但方小菲在讯问室中却是看不见外面的情况半分的,她仍是用手指挠着桌子,声音细如蚊蝇地嘟嘟囔囔了一会,也没说出个所以然来,好看的眉毛拧在一起,不知是紧张还是害怕的缘故,大眼睛中含满了泪水。
张探员见方小菲的态度有所松动,直了直身子,尽量地把语气变得和缓起来:“只要你把当时的真实情况详详细细、明明白白地说出来,我们也不会为难你半分。我知道,你一个小姑娘在大城S打拼也不容易,这万一因为作伪证啊,阻挠工作人员办公啊什么的罪名被拘留甚至判刑,给你这清清白白的人生点上一个污点,这出去指不定要受什么歧视呢。失了多少钱财是小,断送了未来,那可真是不明智啊。”张探员明白方小菲不会无缘无故地说些假话,定是有利益在驱使她,以以往的经验,那利益无非是钱财。他说这番话就是想让方小菲不要因为钱财和顾及会付法律责任而掩盖事实真相。

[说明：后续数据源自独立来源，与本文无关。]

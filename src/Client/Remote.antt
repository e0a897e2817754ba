-- ===== src/Client/Remote.antt =====
-- The client of pkg/client/client.go and the server of internal/server/server.go together keep
-- the contract.
use executr.Prelude.{
  ℕ, ℤ, pos, negsuc, zero, suc, to_int32-pos, lt→ltb, ◌≡◌, ◌∙◌, ap, sym, refl, ◌++◌, ◌+◌, ◌<◌, Bool,
  false, String, some, List, [], map, length, take, drop, Bytes, ascii, bytes_eq, bytes_eq-length,
  take-front, drop-front, arith, Bool-cases, inl, inr, ltb, leb, length-append,
}
use executr.Models.{UuidNumber, JobSubmission}
use executr.Store.Row.{Job, Tables, Context, Result, ok, no_rows, failure}
use executr.Store.Jobs
use executr.Server.Http.{Method, Response}
use executr.Server.Convert.{db_job_to_model}
use executr.Server.Jobs.{
  create_params, limit_of, offset_of, handle_submit_job, handle_list_jobs, handle_get_job,
  handle_cancel_job, submitted, list_response, get_response, cancel_response,
}
use executr.Server.Execution.{
  complete_params, fail_params, handle_claim_job, handle_heartbeat, handle_complete_job,
  handle_fail_job, claim_response, exec_response,
}
use executr.Server.Routing.{
  Codec, Request, Endpoint, serve, handle_jobs, handle_job_by_id, parsed, sub_path, jobs_prefix,
}
use executr.Client.Calls.{
  ListJobsFilter, Call, submit_job, get_job, list_jobs, cancel_job, claim_next_job, heartbeat,
  complete_job, fail_job, Encoder, Decoder, request, interpret, endpoint, job_path, Outcome,
  parse_error, no_content, if_positive,
}
use executr.Utils.Http.{Answer, should_retry}
use executr.Client.Contract.{
  perform, is_server_error, ReadsJobs, IsReadId, IsRead, IsFull, acknowledged, created, fetched,
  listed, claimed, on_store,
}

not_claim : (id_str : Bytes) → 5 < length id_str → bytes_eq id_str (ascii "claim") ≡ false
not_claim id_str h = elim (Bool-cases (bytes_eq id_str (ascii "claim"))) [
  | inl e ↦ absurd (omega (arith, bytes_eq-length id_str (ascii "claim") e))
  | inr e ↦ e
]

positive : (n : ℕ) → if_positive (pos (suc n)) ≡ some (pos (suc n))
positive n = rw (lt→ltb 0 (suc n) (omega arith)) refl

limit_sent : (n : ℤ) → limit_of (if_positive n) ≡ limit_of (some n)
limit_sent (pos zero) = refl
limit_sent (pos (suc n)) = ap limit_of (positive n)
limit_sent (negsuc n) = refl

offset_sent : (n : ℤ) → offset_of (if_positive n) ≡ offset_of (some n)
offset_sent (pos zero) = sym (to_int32-pos 0 (omega arith))
offset_sent (pos (suc n)) = ap offset_of (positive n)
offset_sent (negsuc n) = refl

-- Tables, an outcome, and whether it is worth a retry: as the store has it, and as a response has it.
abbrev pub Graded : Type 0
Graded = Tables × (Outcome × Bool)

abbrev pub graded : Tables × Outcome → Graded
graded q = (q.0, (q.1, is_server_error q.1))

abbrev pub read_as : Outcome → Tables × Response → Graded
read_as o p = (p.0, (o, should_retry (Answer.response p.1.status)))

module _ (codec : Codec) (encoder : Encoder) (decoder : Decoder) (a : ReadsJobs decoder) where
  -- A path of a job leads to the switch over what follows its identifier.
  to_job :
      (i : UuidNumber) (sub : Bytes) (r : Request) (c c' : Context) (t : Tables)
      → IsReadId codec encoder i
      → r.path ≡ job_path encoder i sub
      → handle_job_by_id codec r c c' t ≡ some (sub_path codec i sub r c c' t)
  unfolding handle_job_by_id
  to_job i sub r c c' t (size_36, read) path =
      let id : Bytes = encoder.render_uuid i in
      let size : length (id ++ sub) ≡ 36 + length sub =
        length-append id sub ∙ ap (λ n. n + length sub) (size_36) in
      let longer : length r.path ≡ 13 + length (id ++ sub) =
        rw path (length-append jobs_prefix (id ++ sub)) in
      let after : drop (length jobs_prefix) r.path ≡ id ++ sub =
        rw path (drop-front jobs_prefix (id ++ sub)) in
      let front : take 36 (id ++ sub) ≡ id =
        ap (λ n. take n (id ++ sub)) (sym (size_36)) ∙ take-front id sub in
      let back : drop 36 (id ++ sub) ≡ sub =
        ap (λ n. drop n (id ++ sub)) (sym (size_36)) ∙ drop-front id sub in
      let known : codec.parse_uuid (take 36 (id ++ sub)) ≡ some i =
        ap codec.parse_uuid front ∙ read in
      let elsewhere : bytes_eq (id ++ sub) (ascii "claim") ≡ false =
        not_claim (id ++ sub) (omega (arith, size)) in
      let long : ltb (length (id ++ sub)) 36 ≡ false = ground (arith, size) in
      let below : leb (length r.path) (length jobs_prefix) ≡ false = ground (arith, longer, size) in
      rw (below, after, elsewhere, long)
        (ap (λ o. some (parsed codec o (id ++ sub) r c c' t)) known
          ∙ ap (λ rest. some (sub_path codec i rest r c c' t)) back)

  -- One request and its response, for what the call is to do.
  pub record Exchanges (call : Call) (c c' : Context) (t : Tables) (q : Tables × Outcome)
      : Type 0 where
    pub reply : Tables × Response
    pub sent : serve codec (endpoint call) (request encoder call) c c' t ≡ some reply
    pub same : read_as (interpret decoder call reply.1) reply ≡ graded q

  acknowledges :
      {A : Type 0} (text : String) (p : Tables × Result A)
      → let r = exec_response text p in
        read_as (no_content decoder r.1) r ≡ graded (acknowledged text p)
  unfolding parse_error
  acknowledges text (t, ok x) = refl
  acknowledges text (t, no_rows) = refl
  acknowledges text (t, failure) = refl

  cancels :
      (p : Tables × Result Job)
      → let r = cancel_response p in
        read_as (no_content decoder r.1) r ≡ graded (acknowledged "Failed to cancel job" p)
  unfolding parse_error
  cancels (t, ok x) = refl
  cancels (t, no_rows) = refl
  cancels (t, failure) = refl

  creates :
      (s : JobSubmission) (p : Tables × Result Job)
      → let r = submitted codec.env p in
        read_as (interpret decoder (submit_job s) r.1) r ≡ graded (created codec.env p)
  unfolding parse_error interpret
  creates s (t, ok j) = rw (a.one (db_job_to_model codec.env j)) refl
  creates s (t, no_rows) = refl
  creates s (t, failure) = refl

  fetches :
      (i : UuidNumber) (t : Tables) (o : Result Job)
      → let r = get_response codec.env i o in
        read_as (interpret decoder (get_job i) r) (t, r) ≡ graded (t, fetched codec.env i o)
  unfolding parse_error interpret
  fetches i t (ok j) = rw (a.one (db_job_to_model codec.env j)) refl
  fetches i t no_rows = refl
  fetches i t failure = refl

  lists :
      (f : ListJobsFilter) (t : Tables) (o : Result (List Job))
      → let r = list_response codec.env o in
        read_as (interpret decoder (list_jobs f) r) (t, r) ≡ graded (t, listed codec.env o)
  unfolding parse_error interpret
  lists f t (ok js) = rw (a.many (map (db_job_to_model codec.env) js)) refl
  lists f t no_rows = refl
  lists f t failure = refl

  claims :
      (e ip : String) (c : Context) (p : Tables × Result Job)
      → let r = claim_response codec.env (record { executor_id = e; executor_ip = ip }) c p in
        read_as (interpret decoder (claim_next_job e ip) r.1) r
        ≡ graded (claimed codec.env e ip c p)
  unfolding parse_error interpret
  claims e ip c (t, ok j) = rw (a.one (db_job_to_model codec.env j)) refl
  claims e ip c (t, no_rows) = refl
  claims e ip c (t, failure) = refl

  on_job :
      (i : UuidNumber) (sub : Bytes) (call : Call) (c c' : Context) (t : Tables)
      → IsReadId codec encoder i
      → endpoint call ≡ Endpoint.job_by_id
      → (request encoder call).path ≡ job_path encoder i sub
      → serve codec (endpoint call) (request encoder call) c c' t
        ≡ some (sub_path codec i sub (request encoder call) c c' t)
  unfolding serve
  on_job i sub call c c' t read e path = rw e (to_job i sub (request encoder call) c c' t read path)

  -- Each call, whose parts the server reads as the client wrote them.
  pub exchanges :
      (call : Call) (c c' : Context) (t : Tables)
      → IsRead codec encoder call
      → IsFull call
      → Exchanges call c c' t (on_store codec.env call c c' t)
  unfolding on_store serve request interpret handle_jobs handle_submit_job handle_list_jobs
      handle_get_job handle_cancel_job handle_claim_job handle_heartbeat handle_complete_job
      handle_fail_job
  exchanges (submit_job s) c c' t read full = record {
    reply = submitted codec.env (Jobs.create_job (create_params codec.env s) c t);
    sent = ap (λ o. some (handle_submit_job codec.env o c t)) read ∙ rw full refl;
    same = creates s (Jobs.create_job (create_params codec.env s) c t);
  }
  exchanges (get_job i) c c' t read full = record {
    reply = (t, get_response codec.env i (Jobs.get_job i c t));
    sent = on_job i [] (get_job i) c c' t read refl refl;
    same = fetches i t (Jobs.get_job i c t);
  }
  exchanges (list_jobs f) c c' t read full =
      let query : ℤ → ℤ → Jobs.ListJobsParams = λ limit offset. record {
        status = f.status;
        job_type = f.job_type;
        priority = f.priority;
        limit = limit;
        offset = offset;
      } in
      let answer : ℤ → ℤ → Graded =
        λ limit offset. graded (t, listed codec.env (Jobs.list_jobs (query limit offset) c t)) in
      let limit : ℤ = limit_of (if_positive f.limit) in
      let offset : ℤ = offset_of (if_positive f.offset) in
      record {
        reply = (t, list_response codec.env (Jobs.list_jobs (query limit offset) c t));
        sent = refl;
        same =
            lists f t (Jobs.list_jobs (query limit offset) c t)
            ∙ (ap (λ l. answer l offset) (limit_sent f.limit)
                ∙ ap (answer (limit_of (some f.limit))) (offset_sent f.offset));
      }
  exchanges (cancel_job i) c c' t read full = record {
    reply = cancel_response (Jobs.cancel_job i c t);
    sent = on_job i [] (cancel_job i) c c' t read refl refl;
    same = cancels (Jobs.cancel_job i c t);
  }
  exchanges (claim_next_job e ip) c c' t read full = record {
    reply =
        claim_response codec.env (record { executor_id = e; executor_ip = ip }) c'
          (Jobs.claim_next_job e c t);
    sent =
        ap (λ o. some (handle_claim_job codec.env Method.post o c c' t)) read
        ∙ rw (full.0, full.1) refl;
    same = claims e ip c' (Jobs.claim_next_job e c t);
  }
  exchanges (heartbeat i e) c c' t read full = record {
    reply = exec_response "Failed to update heartbeat" (Jobs.update_heartbeat i e c t);
    sent =
        on_job i (ascii "/heartbeat") (heartbeat i e) c c' t read.0 refl refl
        ∙ (ap (λ o. some (handle_heartbeat i o c t)) read.1 ∙ rw full refl);
    same = acknowledges "Failed to update heartbeat" (Jobs.update_heartbeat i e c t);
  }
  exchanges (complete_job i r) c c' t read full = record {
    reply = exec_response "Failed to complete job" (Jobs.complete_job (complete_params i r) c t);
    sent =
        on_job i (ascii "/complete") (complete_job i r) c c' t read.0 refl refl
        ∙ (ap (λ o. some (handle_complete_job i o c t)) read.1 ∙ rw full refl);
    same = acknowledges "Failed to complete job" (Jobs.complete_job (complete_params i r) c t);
  }
  exchanges (fail_job i r) c c' t read full = record {
    reply = exec_response "Failed to mark job as failed" (Jobs.fail_job (fail_params i r) c t);
    sent =
        on_job i (ascii "/fail") (fail_job i r) c c' t read.0 refl refl
        ∙ (ap (λ o. some (handle_fail_job i o c t)) read.1 ∙ rw (full.0, full.1) refl);
    same = acknowledges "Failed to mark job as failed" (Jobs.fail_job (fail_params i r) c t);
  }

  -- A call with the fields that the server requires, whose parts the server reads as the client wrote
  -- them, is answered by its first request, with the effect of its operation on the job store, and
  -- with a response that stands for the outcome; a claim that gets a job also records the attempt.
  pub perform-on_store :
      (call : Call) (c c' : Context) (t : Tables)
      → IsRead codec encoder call
      → IsFull call
      → perform codec encoder decoder call c c' t ≡ some (on_store codec.env call c c' t)
  perform-on_store call c c' t read full =
      let e = exchanges call c c' t read full in
      rw (e.sent, perform) (ap (λ (x : Graded). some (x.0, x.1.0)) e.same)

“他~~就是那个赵铁柱~~他进来的时候,我~~就上前问他:‘您好,欢迎光临,您需要什么?’然后~~然后他就说:‘我就随便看看,你忙你的。’我看他~~看他~~看他的消费水平不高…..”方小菲斟酌了一下,哆哆嗦嗦地把自己心里的“不及格”化成了“消费水平不高”,然后接着道:“我就回到自己的柜台前面了。然后~~.然后赵铁柱就站在柜台前,看了好一会儿,然后他就转身要走~~然后~~然后~~.额…..”说到这里方小菲卡壳了,支支吾吾地就是不肯说下去。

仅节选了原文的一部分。